Jackson died Sunday morning at his home in Ridgeland, a suburb of Jackson, said Thomas Couch Sr., board chairman of Malaco Records. He had been sick with cancer for about a year.

“It was not unexpected, but it’s always too soon,” Couch said.

Born in Indianola, Miss., Jackson was writing songs by the time he was in his teens. It was Ike Turner who brought Jackson to New Orleans R&B pioneer Cosimo Matassa’s studio in 1963, where he recorded his first song.

Jackson recorded dozens of singles in the 1960s and worked in Memphis, Tenn., but made his mark as a writer, beginning with FAME Studios in Muscle Shoals, Ala. He later was a songwriter for crosstown rival Muscle Shoals Sound Studios before returning to Memphis. When Malaco bought Muscle Shoals Sound, it hired Jackson to write songs, said Wolf Stephenson, Malaco’s vice president and chief engineer.

“George had hooks coming out of his ears,” Stephenson said. “They weren’t all hits, but I never heard him write a bad song. He never really got the recognition that’s normally due a writer of his stature.”

The Osmonds recorded Jackson’s “One Bad Apple” in 1970, taking it to No. 1. Jackson and Thomas Jones III wrote “Old Time Rock and Roll,” which Bob Seger recorded in 1978. Stephenson said “Old Time Rock and Roll” is truly Jackson’s song, and he has the tapes to prove it, despite Seger’s claims that he altered it.

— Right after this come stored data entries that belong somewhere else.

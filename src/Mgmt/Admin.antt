-- ===== src/Mgmt/Admin.antt =====
-- Who the management pages of mgmt.go serve, and what adding a user does in the bolt store.
use lfs_server_go.Prelude.{
  ◌≡◌, refl, ap, ◌∙◌, ◌≢◌, ◌⊎◌, inl, inr, false, ◌||◌, not, Option, none, some, [], arith,
  if◌then◌else◌, Bool-cases, Option-cases,
}
use lfs_server_go.Text.{Bytes, ◌==◌}
use lfs_server_go.Text.Laws.{eq_iff, eq_refl}
use lfs_server_go.MetaStore.Transactions.{test_of_ne, ne_of_test}
use lfs_server_go.Server.{
  App, Request, ResponseWriter, fresh, code_of, reply_code, write_status, set_header, write_header,
  write,
}
use lfs_server_go.Mgmt.{Web, Handler, denied, basic_auth, ask_admin}

module _ {M C : Type 0} (app : App M C) (web : Web) where
  open app use {cfg, status_text}

  -- An administrator is set, and the request carries the administrator's name and password.
  pub record IsAdmin (r : Request) : Type 0 where
    pub user_set : cfg.admin_user ≢ []
    pub pass_set : cfg.admin_pass ≢ []
    pub named : web.basic_auth r ≡ some (cfg.admin_user, cfg.admin_pass)

  admin-denied : (r : Request) (w : ResponseWriter) → IsAdmin r → denied app web r w ≡ none
  unfolding denied
  admin-denied r w a = rw (test_of_ne cfg.admin_user a.user_set) (
      rw (test_of_ne cfg.admin_pass a.pass_set)
        (rw (a.named, denied) (rw (eq_refl cfg.admin_user) (rw (eq_refl cfg.admin_pass) refl))))

  pub basic_auth-admin :
      (h : Handler app web) (r : Request) (w : ResponseWriter) (m : M)
      → IsAdmin r
      → basic_auth app web h r w m ≡ h r w m
  unfolding basic_auth
  basic_auth-admin h r w m a = rw (admin-denied r w a, basic_auth) refl

  -- A page that is not shown: 401 or 404, and no change.
  abbrev pub IsRefused : M → Option ResponseWriter × M → Type 0
  IsRefused m r = (r.1 ≡ m) × ((reply_code r.0 ≡ some 401) ⊎ (reply_code r.0 ≡ some 404))

  asked : (r : Request) → code_of (ask_admin app web r fresh) ≡ 401
  unfolding ask_admin write_status set_header write_header write
  asked r = refl

  not_found : (r : Request) → code_of (write_status status_text r 404 fresh) ≡ 404
  unfolding write_status write_header write
  not_found r = refl

  -- Only the administrator passes.
  pub denied-cases :
      (r : Request)
      → (IsAdmin r × (denied app web r fresh ≡ none))
        ⊎ ((IsAdmin r → ⊥)
            × ((answer : ResponseWriter) × (denied app web r fresh ≡ some answer)
                × ((code_of answer ≡ 401) ⊎ (code_of answer ≡ 404))))
  unfolding denied
  denied-cases r = elim (Bool-cases (cfg.admin_user == [])) [
    | inl blank ↦ inr (
      λ a. a.user_set ((eq_iff cfg.admin_user []).0 blank),
      (missing, rw (blank, denied) refl, inr (not_found r)),
    )
    | inr u ↦ elim (Bool-cases (cfg.admin_pass == [])) [
      | inl blank ↦ inr (
        λ a. a.pass_set ((eq_iff cfg.admin_pass []).0 blank),
        (missing, rw u (rw (blank, denied) refl), inr (not_found r)),
      )
      | inr p ↦ elim (Option-cases (web.basic_auth r)) [
        | inl bare ↦ inr (
          λ a. absurd (ground (arith, a.named)),
          (ask_admin app web r fresh, rw u (rw p (rw (bare, denied) refl)), inl (asked r)),
        )
        | inr ((user, pass), given) ↦
            rw u (rw p (rw (given, denied) (named_cases user pass given u p)))
      ]
    ]
  ]
    where
      missing : ResponseWriter
      missing = write_status status_text r 404 fresh

      named_cases :
          (user pass : Bytes)
          → web.basic_auth r ≡ some (user, pass)
          → (cfg.admin_user == []) ≡ false
          → (cfg.admin_pass == []) ≡ false
          → let result : Option ResponseWriter =
              if not (user == cfg.admin_user) || not (pass == cfg.admin_pass)
              then some (ask_admin app web r fresh)
              else none in
            (IsAdmin r × (result ≡ none))
            ⊎ ((IsAdmin r → ⊥)
                × ((answer : ResponseWriter) × (result ≡ some answer)
                    × ((code_of answer ≡ 401) ⊎ (code_of answer ≡ 404))))
      named_cases user pass given u p = elim (Bool-cases (user == cfg.admin_user)) [
        | inr other ↦ inr (
          λ a. absurd (ground (arith, a.named, eq_refl cfg.admin_user)),
          (ask_admin app web r fresh, rw other refl, inl (asked r)),
        )
        | inl same_user ↦ elim (Bool-cases (pass == cfg.admin_pass)) [
          | inr other ↦ inr (
            λ a. absurd (ground (arith, a.named, eq_refl cfg.admin_pass)),
            (ask_admin app web r fresh, rw same_user (rw other refl), inl (asked r)),
          )
          | inl same_pass ↦ inl (
            record {
              user_set = ne_of_test cfg.admin_user u;
              pass_set = ne_of_test cfg.admin_pass p;
              named =
                  given ∙ ground (arith, eq_iff user cfg.admin_user, eq_iff pass cfg.admin_pass);
            },
            rw same_user (rw same_pass refl),
          )
        ]
      ]

  -- A management page, whichever it is, runs its handler exactly for the administrator; everybody
  -- else gets 401 or 404, and the metadata stays as it is.
  pub basic_auth-cases :
      (h : Handler app web) (r : Request) (m : M)
      → (IsAdmin r × (basic_auth app web h r fresh m ≡ h r fresh m))
        ⊎ ((IsAdmin r → ⊥) × IsRefused m (basic_auth app web h r fresh m))
  unfolding basic_auth
  basic_auth-cases h r m = elim (denied-cases r) [
    | inl (admin, passes) ↦ inl (admin, rw (passes, basic_auth) refl)
    | inr (other, (answer, stops, code)) ↦ inr (
      other,
      rw (stops, basic_auth)
          (refl, elim code [ inl c ↦ inl (ap some c) | inr c ↦ inr (ap some c) ]),
    )
  ]
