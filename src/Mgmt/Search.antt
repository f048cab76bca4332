-- ===== src/Mgmt/Search.antt =====
-- What searchOidHandler of mgmt.go writes.
use lfs_server_go.Prelude.{
  ◌≡◌, refl, sym, ap, ◌∙◌, inl, inr, false, some, List, [], ◌∷◌, ◌++◌, if◌then◌else◌, Bool-cases,
  Option-cases,
}
use mathlib.Core.List.{append_assoc, append-nil}
use lfs_server_go.Text.{Bytes, lit, ◌==◌, contains}
use lfs_server_go.Errors.{ok}
use lfs_server_go.Types.{MetaObject}
use lfs_server_go.Server.{App, Request, ResponseWriter, fresh, set_header, write}
use lfs_server_go.Mgmt.{Web, found_oid, search_loop, search_oid_handler, show_json}

-- The objects whose oid contains a text, in order.
unfoldable pub matching : Bytes → List MetaObject → List MetaObject
matching searched [] = []
matching searched (o ∷ os) =
    let rest = matching searched os in if contains o.oid searched then o ∷ rest else rest

-- Texts one behind another.
abbrev pub concat_of : (MetaObject → Bytes) → List MetaObject → Bytes
concat_of f [] = []
concat_of f (o ∷ os) = f o ++ concat_of f os

module _ {M C : Type 0} (app : App M C) (web : Web) (json : MetaObject → Bytes) where
  open app use {meta_store}

  module _ (marshals : (o : MetaObject) → web.marshal_object o ≡ ok (json o)) where
    found_oid-body :
        (r : Request) (o : MetaObject) (w : ResponseWriter)
        → (found_oid app web r o w).body ≡ w.body ++ json o
    unfolding found_oid show_json write set_header
    found_oid-body r o w =
        rw (marshals o, show_json)
          (elim (Option-cases w.status) [
            | inl unsent ↦ rw unsent refl
            | inr (n, sent) ↦ rw sent refl
          ])

    search_loop-body :
        (r : Request) (searched : Bytes) (os : List MetaObject) (w : ResponseWriter)
        → (search_loop app web r searched os w).body
          ≡ w.body ++ concat_of json (matching searched os)
    unfolding search_loop matching
    search_loop-body r searched [] w = sym (append-nil w.body)
    search_loop-body r searched (o ∷ os) w = elim (Bool-cases (contains o.oid searched)) [
      | inl hit ↦
          rw (hit, search_loop)
            (search_loop-body r searched os (found_oid app web r o w)
              ∙ ap (λ b. b ++ concat_of json (matching searched os)) (found_oid-body r o w)
              ∙ append_assoc w.body (json o) (concat_of json (matching searched os)))
      | inr miss ↦ rw (miss, search_loop) (search_loop-body r searched os w)
    ]

    -- With a store that opens and lists its objects, a search for a text that is not empty writes
    -- the JSON of the objects whose oid contains the text, each once and in the store's order, and
    -- nothing else.
    pub search_oid_handler-body :
        (m : M) (r : Request) (os : List MetaObject)
        → (web.query r (lit "oid") == []) ≡ false
        → meta_store.objects m ≡ some (ok os)
        → (w : ResponseWriter) × (search_oid_handler app web (ok m) r fresh ≡ some w)
          × (w.body ≡ concat_of json (matching (web.query r (lit "oid")) os))
    unfolding search_oid_handler
    search_oid_handler-body m r os asked listed = (
      search_loop app web r (web.query r (lit "oid")) os fresh,
      rw (listed, search_oid_handler) (rw asked refl),
      search_loop-body r (web.query r (lit "oid")) os fresh,
    )
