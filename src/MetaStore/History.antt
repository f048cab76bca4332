-- ===== src/MetaStore/History.antt =====
-- Sequences of calls of the methods of meta_store.go that change the database.
use lfs_server_go.Prelude.{
  ◌≡◌, sym, ◌∙◌, ap, inl, inr, Option, some, List, [], ◌∷◌, arith, if_intro,
}
use lfs_server_go.Text.{Bytes}
use lfs_server_go.Text.Laws.{eq_iff}
use lfs_server_go.Errors.{ok, Error}
use lfs_server_go.Types.{RequestVars, MetaObject}
use lfs_server_go.Bolt.{users, objects, IsBolt, IsGob}
use lfs_server_go.MetaStore.{
  Env, put, add_user, add_user_tx, delete_user, delete_user_tx, add_project,
}
use lfs_server_go.MetaStore.Transactions.{update_keeps}
use lfs_server_go.MetaStore.Users.{add_user_tx-ok, delete_user_tx-ok}
use lfs_server_go.MetaStore.Objects.{view, view_of_same}
use lfs_server_go.MetaStore.Objects.Put.{PutSpec, put-PutSpec, refused, existed, created, failed}
use lfs_server_go.MetaStore.Invariant.{IsSound}
use lfs_server_go.MetaStore.Invariant.Methods.{put-IsSound, add_user-IsSound, delete_user-IsSound}

pub data Call : Type 0 where
  put_call : RequestVars → Call
  add_user_call : (salt user pass : Bytes) → Call
  delete_user_call : Bytes → Call
  add_project_call : Bytes → Call

module _ {DB Conn : Type 0} (env : Env DB Conn) where
  open env use {bolt, gob}

  -- The database after one call.
  unfoldable pub step : Call → DB → DB
  step (put_call rv) db = (put env rv db).1
  step (add_user_call salt user pass) db = (add_user env salt user pass db).1
  step (delete_user_call user) db = (delete_user env user db).1
  step (add_project_call name) db = (add_project env name db).1

  unfoldable pub run : List Call → DB → DB
  unfolding step
  run [] db = db
  run (c ∷ cs) db = run cs (step c db)

  module _ (lawful : IsBolt bolt) (codec : IsGob gob) where
    pub step-IsSound : (c : Call) (db : DB) → IsSound env db → IsSound env (step c db)
    unfolding step add_project
    step-IsSound (put_call rv) db s = put-IsSound env lawful codec rv db s
    step-IsSound (add_user_call salt user pass) db s =
        add_user-IsSound env lawful codec salt user pass db s
    step-IsSound (delete_user_call user) db s = delete_user-IsSound env lawful codec user db s
    step-IsSound (add_project_call name) db s = s

    -- After any sequence of Put, AddUser, DeleteUser and AddProject calls a sound database is sound:
    -- its buckets are there, each value decodes to a record of its key, and the repository of an
    -- object has its project.
    run-IsSound : (cs : List Call) (db : DB) → IsSound env db → IsSound env (run cs db)
    unfolding run
    run-IsSound [] db s = s
    run-IsSound (c ∷ cs) db s = run-IsSound cs (step c db) (step-IsSound c db s)

    add_user_tx-view :
        (salt user pass : Bytes) (db db' : DB) (oid : Bytes)
        → add_user_tx env salt user pass db ≡ ok db'
        → view env oid db' ≡ view env oid db
    add_user_tx-view salt user pass db db' oid e =
        elim (add_user_tx-ok env salt user pass db db' e) [
          | inl same_db ↦ ap (view env oid) (sym same_db)
          | inr (h, hashed, new_user, made) ↦
              view_of_same env oid db db' (lawful.has-put db db' users objects user h made)
                (lawful.get-put db db' users objects user h oid made)
        ]

    delete_user_tx-view :
        (user : Bytes) (db db' : DB) (oid : Bytes)
        → delete_user_tx env user db ≡ ok db'
        → view env oid db' ≡ view env oid db
    delete_user_tx-view user db db' oid e =
        let made = delete_user_tx-ok env user db db' e in
        view_of_same env oid db db' (lawful.has-delete db db' users objects user made)
          (lawful.get-delete db db' users objects user oid made)

    pub step-view :
        (c : Call) (db : DB) (oid : Bytes) (m : MetaObject)
        → IsSound env db
        → view env oid db ≡ some m
        → view env oid (step c db) ≡ some m
    unfolding step add_project add_user delete_user
    step-view (put_call rv) db oid m s h = put_view (put-PutSpec env lawful codec rv db s)
      where
        put_view :
            PutSpec env rv db (put env rv db).0 (put env rv db).1
            → view env oid (put env rv db).1 ≡ some m
        put_view (refused out r unchanged) = rw unchanged h
        put_view (existed n admitted there r unchanged) = rw unchanged h
        put_view (created admitted new r after project) =
            ground (arith, after oid, eq_iff rv.oid oid)
        put_view (failed e admitted new r after) = after oid ∙ h
    step-view (add_user_call salt user pass) db oid m s h =
        if_intro (λ (r : Option Error × DB). view env oid r.1 ≡ some m) env.cfg.ldap.enabled _ _
          (λ _. h)
          (λ _.
            update_keeps env (λ db'. view env oid db' ≡ some m) (add_user_tx env salt user pass) db
              h (λ db' e. add_user_tx-view salt user pass db db' oid e ∙ h))
    step-view (delete_user_call user) db oid m s h =
        if_intro (λ (r : Option Error × DB). view env oid r.1 ≡ some m) env.cfg.ldap.enabled _ _
          (λ _. h)
          (λ _.
            update_keeps env (λ db'. view env oid db' ≡ some m) (delete_user_tx env user) db h
              (λ db' e. delete_user_tx-view user db db' oid e ∙ h))
    step-view (add_project_call name) db oid m s h = h

    -- An object that is in a sound database is never lost and never changes,
    -- whatever sequence of Put, AddUser, DeleteUser and AddProject is called.
    run-view :
        (cs : List Call) (db : DB) (oid : Bytes) (m : MetaObject)
        → IsSound env db
        → view env oid db ≡ some m
        → view env oid (run cs db) ≡ some m
    unfolding run
    run-view [] db oid m s h = h
    run-view (c ∷ cs) db oid m s h =
        run-view cs (step c db) oid m (step-IsSound c db s) (step-view c db oid m s h)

“Bob had pretty much finished his recording at Muscle Shoals and he asked them if they had any other songs he could listen to for the future,” Stephenson said.

Besides Seger, the Osmonds and Ike and Tina Turner, Jackson’s songs were also recorded by James Brown, Wilson Pickett and Clarence Carter. Later, he wrote “Down Home Blues” for Z.Z. Hill, a song which was a keystone for Malaco. The Mississippi label is a storehouse of soul, rhythm and blues and gospel music.

“He had a way of seeing things about life and saying them in a way that a lot of other people could relate to,” Couch said.

Jackson’s own vocal performances were mainly scattered over singles, although some have been collected into albums, including a 2011 reissue of his FAME recordings, “Don’t Count Me Out,” which won critical acclaim. That and other compilations were aimed at part at fans in the United Kingdom, where Stephenson said Jackson had a strong following.

Funeral arrangements were still being made.